*** Records shown Section Begins ***

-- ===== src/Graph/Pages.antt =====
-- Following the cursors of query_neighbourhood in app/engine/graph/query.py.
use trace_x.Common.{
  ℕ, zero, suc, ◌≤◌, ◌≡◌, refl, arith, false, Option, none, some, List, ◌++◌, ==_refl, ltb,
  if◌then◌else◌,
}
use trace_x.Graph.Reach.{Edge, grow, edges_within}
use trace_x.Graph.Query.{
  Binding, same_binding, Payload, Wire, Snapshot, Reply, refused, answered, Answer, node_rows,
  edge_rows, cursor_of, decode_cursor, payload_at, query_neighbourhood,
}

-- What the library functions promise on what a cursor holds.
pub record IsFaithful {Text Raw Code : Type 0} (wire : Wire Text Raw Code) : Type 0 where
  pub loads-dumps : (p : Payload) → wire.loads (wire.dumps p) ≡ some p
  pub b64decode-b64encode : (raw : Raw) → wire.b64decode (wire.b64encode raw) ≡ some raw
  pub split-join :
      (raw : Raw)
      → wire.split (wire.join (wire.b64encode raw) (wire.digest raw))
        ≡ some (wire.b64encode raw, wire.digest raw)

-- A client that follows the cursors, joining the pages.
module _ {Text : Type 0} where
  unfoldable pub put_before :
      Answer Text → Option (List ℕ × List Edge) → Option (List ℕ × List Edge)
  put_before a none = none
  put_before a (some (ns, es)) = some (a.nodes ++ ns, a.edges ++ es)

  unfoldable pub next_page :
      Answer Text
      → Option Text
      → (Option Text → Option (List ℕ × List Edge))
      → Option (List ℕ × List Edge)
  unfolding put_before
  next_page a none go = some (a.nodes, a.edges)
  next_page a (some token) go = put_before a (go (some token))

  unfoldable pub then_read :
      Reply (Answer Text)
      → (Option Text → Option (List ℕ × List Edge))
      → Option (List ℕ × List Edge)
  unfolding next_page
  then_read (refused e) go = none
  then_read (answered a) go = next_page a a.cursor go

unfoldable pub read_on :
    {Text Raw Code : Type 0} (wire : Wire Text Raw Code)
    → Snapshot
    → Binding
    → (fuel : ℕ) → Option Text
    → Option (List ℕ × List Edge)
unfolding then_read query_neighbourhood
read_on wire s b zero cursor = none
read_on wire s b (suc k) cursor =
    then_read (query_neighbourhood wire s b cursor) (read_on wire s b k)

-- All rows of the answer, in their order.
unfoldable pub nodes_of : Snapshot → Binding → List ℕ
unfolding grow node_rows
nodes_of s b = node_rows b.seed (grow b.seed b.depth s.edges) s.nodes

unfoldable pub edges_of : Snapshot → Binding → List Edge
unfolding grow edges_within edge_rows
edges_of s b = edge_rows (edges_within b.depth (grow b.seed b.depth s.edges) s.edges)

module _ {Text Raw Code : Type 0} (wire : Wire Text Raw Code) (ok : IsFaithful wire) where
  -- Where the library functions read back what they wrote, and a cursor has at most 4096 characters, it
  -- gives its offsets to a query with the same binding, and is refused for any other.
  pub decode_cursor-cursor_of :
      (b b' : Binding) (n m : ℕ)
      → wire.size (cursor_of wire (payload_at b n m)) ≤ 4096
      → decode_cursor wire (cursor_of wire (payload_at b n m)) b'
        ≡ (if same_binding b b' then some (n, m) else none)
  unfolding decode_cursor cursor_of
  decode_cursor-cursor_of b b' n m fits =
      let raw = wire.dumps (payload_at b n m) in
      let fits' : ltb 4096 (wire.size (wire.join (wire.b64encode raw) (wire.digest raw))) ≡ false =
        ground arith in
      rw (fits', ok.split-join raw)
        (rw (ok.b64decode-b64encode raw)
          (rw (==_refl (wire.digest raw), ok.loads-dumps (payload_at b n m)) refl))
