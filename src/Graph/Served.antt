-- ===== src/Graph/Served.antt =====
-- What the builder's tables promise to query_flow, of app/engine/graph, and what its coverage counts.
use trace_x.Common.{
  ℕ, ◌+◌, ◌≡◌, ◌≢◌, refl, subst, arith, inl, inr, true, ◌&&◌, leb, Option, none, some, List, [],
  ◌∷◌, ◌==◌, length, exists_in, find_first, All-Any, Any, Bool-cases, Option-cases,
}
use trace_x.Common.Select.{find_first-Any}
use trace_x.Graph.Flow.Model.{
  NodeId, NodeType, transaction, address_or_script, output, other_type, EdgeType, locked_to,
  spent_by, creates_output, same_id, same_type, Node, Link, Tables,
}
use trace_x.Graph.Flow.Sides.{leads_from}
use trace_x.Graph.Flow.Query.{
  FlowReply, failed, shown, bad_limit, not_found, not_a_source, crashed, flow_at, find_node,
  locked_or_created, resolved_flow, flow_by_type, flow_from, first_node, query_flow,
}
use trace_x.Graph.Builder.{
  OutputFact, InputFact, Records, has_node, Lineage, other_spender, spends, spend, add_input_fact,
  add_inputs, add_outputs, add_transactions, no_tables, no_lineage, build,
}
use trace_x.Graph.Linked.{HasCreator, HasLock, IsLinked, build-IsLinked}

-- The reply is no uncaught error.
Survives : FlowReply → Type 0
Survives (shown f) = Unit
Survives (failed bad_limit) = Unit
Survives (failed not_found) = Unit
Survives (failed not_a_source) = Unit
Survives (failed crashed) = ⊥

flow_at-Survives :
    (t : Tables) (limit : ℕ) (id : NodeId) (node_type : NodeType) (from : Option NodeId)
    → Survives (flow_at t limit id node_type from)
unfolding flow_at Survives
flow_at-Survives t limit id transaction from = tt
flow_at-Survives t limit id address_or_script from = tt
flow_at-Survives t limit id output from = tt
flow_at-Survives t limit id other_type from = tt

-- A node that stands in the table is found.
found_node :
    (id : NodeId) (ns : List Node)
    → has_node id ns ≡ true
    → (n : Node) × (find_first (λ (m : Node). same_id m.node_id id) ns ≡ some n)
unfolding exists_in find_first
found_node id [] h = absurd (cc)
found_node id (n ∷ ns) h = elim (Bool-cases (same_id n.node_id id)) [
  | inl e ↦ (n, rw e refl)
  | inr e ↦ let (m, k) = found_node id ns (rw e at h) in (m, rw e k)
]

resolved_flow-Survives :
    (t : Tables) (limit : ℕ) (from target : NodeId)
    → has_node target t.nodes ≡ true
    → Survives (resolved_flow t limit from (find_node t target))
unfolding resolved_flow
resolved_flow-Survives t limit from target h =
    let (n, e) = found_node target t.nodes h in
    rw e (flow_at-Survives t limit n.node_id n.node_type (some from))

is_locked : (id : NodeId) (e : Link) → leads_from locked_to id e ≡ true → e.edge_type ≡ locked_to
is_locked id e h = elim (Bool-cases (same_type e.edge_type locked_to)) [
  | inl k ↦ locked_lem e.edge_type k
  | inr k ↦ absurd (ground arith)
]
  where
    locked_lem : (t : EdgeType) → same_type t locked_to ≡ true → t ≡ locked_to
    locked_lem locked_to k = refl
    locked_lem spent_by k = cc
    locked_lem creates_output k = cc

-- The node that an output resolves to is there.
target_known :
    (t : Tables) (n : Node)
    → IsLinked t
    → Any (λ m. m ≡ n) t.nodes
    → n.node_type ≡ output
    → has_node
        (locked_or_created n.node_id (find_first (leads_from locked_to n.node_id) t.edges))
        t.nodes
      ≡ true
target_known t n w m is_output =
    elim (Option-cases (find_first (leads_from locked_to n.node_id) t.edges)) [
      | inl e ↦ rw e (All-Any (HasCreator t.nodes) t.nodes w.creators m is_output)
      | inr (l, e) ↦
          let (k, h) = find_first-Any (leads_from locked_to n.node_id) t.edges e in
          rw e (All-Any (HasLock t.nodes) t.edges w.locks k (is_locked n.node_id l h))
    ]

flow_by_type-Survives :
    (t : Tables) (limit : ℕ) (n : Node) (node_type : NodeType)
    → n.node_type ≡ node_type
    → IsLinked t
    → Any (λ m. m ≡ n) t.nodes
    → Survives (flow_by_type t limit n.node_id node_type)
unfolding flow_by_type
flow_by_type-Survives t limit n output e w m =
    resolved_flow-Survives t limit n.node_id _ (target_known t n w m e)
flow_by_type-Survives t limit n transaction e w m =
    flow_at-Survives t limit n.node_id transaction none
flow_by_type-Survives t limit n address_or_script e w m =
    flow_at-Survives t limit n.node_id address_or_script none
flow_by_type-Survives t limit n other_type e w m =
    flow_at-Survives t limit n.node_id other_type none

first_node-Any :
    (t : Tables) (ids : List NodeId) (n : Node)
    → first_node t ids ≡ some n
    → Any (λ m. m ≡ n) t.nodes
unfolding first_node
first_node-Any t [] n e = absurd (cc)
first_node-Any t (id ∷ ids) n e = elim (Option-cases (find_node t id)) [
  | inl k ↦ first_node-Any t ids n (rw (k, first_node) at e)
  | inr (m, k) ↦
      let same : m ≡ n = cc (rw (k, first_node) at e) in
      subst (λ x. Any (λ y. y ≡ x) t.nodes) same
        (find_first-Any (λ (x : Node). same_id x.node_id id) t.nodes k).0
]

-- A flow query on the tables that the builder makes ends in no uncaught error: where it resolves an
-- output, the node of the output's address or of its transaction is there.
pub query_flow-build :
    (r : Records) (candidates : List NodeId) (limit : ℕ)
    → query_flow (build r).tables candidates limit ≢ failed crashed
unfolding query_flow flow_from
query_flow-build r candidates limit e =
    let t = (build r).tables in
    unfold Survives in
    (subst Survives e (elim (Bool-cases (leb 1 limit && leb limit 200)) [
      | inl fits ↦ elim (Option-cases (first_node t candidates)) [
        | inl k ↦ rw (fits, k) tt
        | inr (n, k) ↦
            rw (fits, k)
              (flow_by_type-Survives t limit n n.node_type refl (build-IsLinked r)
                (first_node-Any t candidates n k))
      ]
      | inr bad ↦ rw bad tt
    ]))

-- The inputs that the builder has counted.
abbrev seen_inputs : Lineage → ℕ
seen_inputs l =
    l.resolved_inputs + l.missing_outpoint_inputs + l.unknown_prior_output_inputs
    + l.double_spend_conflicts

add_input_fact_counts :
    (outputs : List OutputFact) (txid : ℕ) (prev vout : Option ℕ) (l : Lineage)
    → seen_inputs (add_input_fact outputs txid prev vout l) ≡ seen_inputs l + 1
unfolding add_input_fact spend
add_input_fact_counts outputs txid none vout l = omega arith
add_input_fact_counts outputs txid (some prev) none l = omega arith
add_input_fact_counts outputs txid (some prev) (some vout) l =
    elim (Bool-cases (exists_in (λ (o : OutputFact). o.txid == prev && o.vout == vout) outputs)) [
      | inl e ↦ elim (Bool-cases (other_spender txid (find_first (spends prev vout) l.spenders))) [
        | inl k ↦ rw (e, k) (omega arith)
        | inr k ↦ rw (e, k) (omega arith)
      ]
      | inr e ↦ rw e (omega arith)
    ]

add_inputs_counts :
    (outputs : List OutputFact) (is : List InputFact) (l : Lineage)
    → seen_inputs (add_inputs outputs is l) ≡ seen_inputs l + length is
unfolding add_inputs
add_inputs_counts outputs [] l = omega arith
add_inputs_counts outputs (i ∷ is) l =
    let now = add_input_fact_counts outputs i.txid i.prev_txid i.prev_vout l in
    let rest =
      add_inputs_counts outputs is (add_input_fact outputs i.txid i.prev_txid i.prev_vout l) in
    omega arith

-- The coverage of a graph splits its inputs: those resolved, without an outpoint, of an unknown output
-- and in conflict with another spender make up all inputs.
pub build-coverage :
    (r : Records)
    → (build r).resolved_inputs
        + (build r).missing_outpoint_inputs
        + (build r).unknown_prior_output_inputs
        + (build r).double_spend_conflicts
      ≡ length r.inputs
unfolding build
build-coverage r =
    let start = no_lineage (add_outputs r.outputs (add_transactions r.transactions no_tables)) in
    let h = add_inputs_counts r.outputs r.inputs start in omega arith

*** Records shown Section Ends ***

**Problem requirements**
Copy the lines of the data above exactly as written, beginning with the line containing "edges_of s b" and ending with the line containing "IsFaithful wire) where", and leave out all other lines.

**Output below**
edges_of s b = edge_rows (edges_within b.depth (grow b.seed b.depth s.edges) s.edges)

module _ {Text Raw Code : Type 0} (wire : Wire Text Raw Code) (ok : IsFaithful wire) where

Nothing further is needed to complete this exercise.